Record extracts -
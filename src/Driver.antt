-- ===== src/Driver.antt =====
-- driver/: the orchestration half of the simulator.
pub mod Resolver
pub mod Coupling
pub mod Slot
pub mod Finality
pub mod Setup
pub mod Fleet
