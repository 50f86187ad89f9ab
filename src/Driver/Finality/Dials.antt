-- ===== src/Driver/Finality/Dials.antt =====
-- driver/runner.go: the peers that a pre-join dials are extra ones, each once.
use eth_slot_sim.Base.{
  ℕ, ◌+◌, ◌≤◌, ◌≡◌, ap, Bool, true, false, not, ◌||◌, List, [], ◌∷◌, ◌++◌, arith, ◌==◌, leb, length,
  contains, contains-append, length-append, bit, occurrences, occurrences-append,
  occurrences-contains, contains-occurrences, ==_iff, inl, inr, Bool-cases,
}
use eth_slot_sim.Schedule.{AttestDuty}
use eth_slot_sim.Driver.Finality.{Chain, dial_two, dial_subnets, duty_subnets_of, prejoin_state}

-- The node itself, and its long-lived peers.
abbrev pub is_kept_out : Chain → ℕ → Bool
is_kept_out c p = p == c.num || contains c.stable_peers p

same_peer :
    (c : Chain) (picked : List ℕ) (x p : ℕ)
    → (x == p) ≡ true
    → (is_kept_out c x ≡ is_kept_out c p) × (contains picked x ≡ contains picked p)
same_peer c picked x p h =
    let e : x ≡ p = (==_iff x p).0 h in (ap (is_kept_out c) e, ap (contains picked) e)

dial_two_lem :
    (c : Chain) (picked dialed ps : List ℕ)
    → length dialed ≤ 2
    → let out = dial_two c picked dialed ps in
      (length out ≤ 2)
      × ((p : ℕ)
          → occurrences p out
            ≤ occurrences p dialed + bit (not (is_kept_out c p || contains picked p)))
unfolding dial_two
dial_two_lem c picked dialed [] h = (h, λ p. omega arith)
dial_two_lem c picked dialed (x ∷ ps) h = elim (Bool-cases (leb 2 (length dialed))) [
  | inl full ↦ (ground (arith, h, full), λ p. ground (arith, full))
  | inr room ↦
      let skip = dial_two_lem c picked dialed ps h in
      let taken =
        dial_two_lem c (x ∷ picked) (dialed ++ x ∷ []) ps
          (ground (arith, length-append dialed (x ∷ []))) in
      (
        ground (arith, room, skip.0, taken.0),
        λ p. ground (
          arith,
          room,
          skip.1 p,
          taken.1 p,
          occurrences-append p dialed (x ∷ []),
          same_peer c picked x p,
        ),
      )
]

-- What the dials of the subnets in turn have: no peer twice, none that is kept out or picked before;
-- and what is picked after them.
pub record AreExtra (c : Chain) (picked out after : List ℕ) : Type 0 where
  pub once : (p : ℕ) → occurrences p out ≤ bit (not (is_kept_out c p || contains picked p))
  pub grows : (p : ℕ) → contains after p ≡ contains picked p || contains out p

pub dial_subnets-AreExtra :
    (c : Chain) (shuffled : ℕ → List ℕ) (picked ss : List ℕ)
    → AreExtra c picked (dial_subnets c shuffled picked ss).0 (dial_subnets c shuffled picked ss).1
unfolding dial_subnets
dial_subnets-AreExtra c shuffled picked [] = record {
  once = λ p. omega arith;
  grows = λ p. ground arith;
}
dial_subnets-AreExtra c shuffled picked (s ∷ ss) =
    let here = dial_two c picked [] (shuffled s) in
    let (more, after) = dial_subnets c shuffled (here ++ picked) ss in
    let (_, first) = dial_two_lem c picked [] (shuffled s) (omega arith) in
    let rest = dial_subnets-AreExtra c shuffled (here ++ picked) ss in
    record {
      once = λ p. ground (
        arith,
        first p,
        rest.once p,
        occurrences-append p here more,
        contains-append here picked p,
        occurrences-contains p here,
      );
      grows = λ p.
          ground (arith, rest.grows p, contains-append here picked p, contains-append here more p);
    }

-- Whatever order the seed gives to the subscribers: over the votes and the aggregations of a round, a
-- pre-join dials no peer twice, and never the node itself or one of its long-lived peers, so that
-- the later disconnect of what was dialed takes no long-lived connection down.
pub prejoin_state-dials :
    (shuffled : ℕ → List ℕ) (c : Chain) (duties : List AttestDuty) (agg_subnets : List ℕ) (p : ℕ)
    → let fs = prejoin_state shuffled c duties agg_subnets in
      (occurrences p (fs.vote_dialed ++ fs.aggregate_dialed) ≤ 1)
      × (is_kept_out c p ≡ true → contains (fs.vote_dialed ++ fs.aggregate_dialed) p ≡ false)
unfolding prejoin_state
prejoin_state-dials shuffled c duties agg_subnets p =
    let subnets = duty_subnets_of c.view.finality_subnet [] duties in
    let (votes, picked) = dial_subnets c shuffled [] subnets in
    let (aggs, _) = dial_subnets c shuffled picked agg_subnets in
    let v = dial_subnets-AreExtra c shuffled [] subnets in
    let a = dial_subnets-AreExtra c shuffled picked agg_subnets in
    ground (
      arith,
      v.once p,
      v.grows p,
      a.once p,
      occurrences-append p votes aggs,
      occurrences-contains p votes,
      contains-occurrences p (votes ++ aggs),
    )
...
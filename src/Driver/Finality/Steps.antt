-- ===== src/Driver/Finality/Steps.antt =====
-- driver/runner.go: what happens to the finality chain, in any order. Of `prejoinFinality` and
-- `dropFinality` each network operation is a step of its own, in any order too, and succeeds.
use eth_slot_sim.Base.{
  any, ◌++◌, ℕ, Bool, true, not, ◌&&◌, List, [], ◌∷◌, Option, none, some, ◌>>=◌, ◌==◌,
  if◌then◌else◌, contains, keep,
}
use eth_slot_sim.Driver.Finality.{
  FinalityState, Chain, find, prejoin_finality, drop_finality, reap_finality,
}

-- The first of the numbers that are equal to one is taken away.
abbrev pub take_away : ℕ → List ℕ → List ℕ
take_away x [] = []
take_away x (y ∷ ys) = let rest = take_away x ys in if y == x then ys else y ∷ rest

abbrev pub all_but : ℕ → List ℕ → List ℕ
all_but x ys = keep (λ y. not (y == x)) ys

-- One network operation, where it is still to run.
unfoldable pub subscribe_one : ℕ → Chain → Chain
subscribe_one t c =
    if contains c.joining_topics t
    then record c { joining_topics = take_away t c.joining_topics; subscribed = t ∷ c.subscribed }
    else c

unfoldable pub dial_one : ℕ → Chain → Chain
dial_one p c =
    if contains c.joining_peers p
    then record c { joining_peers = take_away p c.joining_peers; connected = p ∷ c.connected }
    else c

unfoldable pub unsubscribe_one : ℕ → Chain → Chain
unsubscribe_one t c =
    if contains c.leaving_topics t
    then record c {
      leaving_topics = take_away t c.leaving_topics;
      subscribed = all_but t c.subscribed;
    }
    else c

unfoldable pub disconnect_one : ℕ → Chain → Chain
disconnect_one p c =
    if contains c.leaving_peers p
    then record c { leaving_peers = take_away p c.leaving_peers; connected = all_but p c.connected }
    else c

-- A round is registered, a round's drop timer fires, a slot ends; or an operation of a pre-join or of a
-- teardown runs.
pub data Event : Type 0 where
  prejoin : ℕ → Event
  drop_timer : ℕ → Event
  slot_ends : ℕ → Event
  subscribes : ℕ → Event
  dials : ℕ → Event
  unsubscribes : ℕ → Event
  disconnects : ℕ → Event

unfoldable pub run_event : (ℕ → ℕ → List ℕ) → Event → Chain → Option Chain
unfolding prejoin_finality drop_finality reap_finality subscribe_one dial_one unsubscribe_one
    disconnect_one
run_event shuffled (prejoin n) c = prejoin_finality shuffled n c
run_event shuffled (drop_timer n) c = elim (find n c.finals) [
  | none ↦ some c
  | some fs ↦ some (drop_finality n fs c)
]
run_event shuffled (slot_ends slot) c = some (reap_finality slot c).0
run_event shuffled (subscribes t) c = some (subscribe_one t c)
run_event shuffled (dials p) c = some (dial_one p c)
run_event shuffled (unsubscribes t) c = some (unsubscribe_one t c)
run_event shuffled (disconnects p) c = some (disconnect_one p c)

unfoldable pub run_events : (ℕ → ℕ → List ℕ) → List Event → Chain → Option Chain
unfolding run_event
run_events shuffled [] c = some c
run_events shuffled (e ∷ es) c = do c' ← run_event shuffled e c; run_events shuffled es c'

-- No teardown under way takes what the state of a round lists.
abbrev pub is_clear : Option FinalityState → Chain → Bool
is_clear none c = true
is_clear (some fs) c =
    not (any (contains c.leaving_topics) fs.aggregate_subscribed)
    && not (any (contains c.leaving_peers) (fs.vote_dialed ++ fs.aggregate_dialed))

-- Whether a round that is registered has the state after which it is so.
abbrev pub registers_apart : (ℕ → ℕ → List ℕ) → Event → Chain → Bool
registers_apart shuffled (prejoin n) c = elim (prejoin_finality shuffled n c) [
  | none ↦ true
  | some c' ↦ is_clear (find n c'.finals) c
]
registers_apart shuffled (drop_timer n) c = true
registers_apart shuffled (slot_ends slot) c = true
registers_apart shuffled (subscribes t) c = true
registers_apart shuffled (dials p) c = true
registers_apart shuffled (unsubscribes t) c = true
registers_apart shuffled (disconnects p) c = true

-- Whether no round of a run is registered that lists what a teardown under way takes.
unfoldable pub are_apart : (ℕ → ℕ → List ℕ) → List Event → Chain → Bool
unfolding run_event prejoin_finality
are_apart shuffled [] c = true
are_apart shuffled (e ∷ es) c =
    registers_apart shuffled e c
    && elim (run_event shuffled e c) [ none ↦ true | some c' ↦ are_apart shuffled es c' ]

About this task -
Each line above that contains the string "abbrev" should be copied.

Result for this exercise -
abbrev pub is_kept_out : Chain → ℕ → Bool
abbrev pub take_away : ℕ → List ℕ → List ℕ
abbrev pub all_but : ℕ → List ℕ → List ℕ
abbrev pub is_clear : Option FinalityState → Chain → Bool
abbrev pub registers_apart : (ℕ → ℕ → List ℕ) → Event → Chain → Bool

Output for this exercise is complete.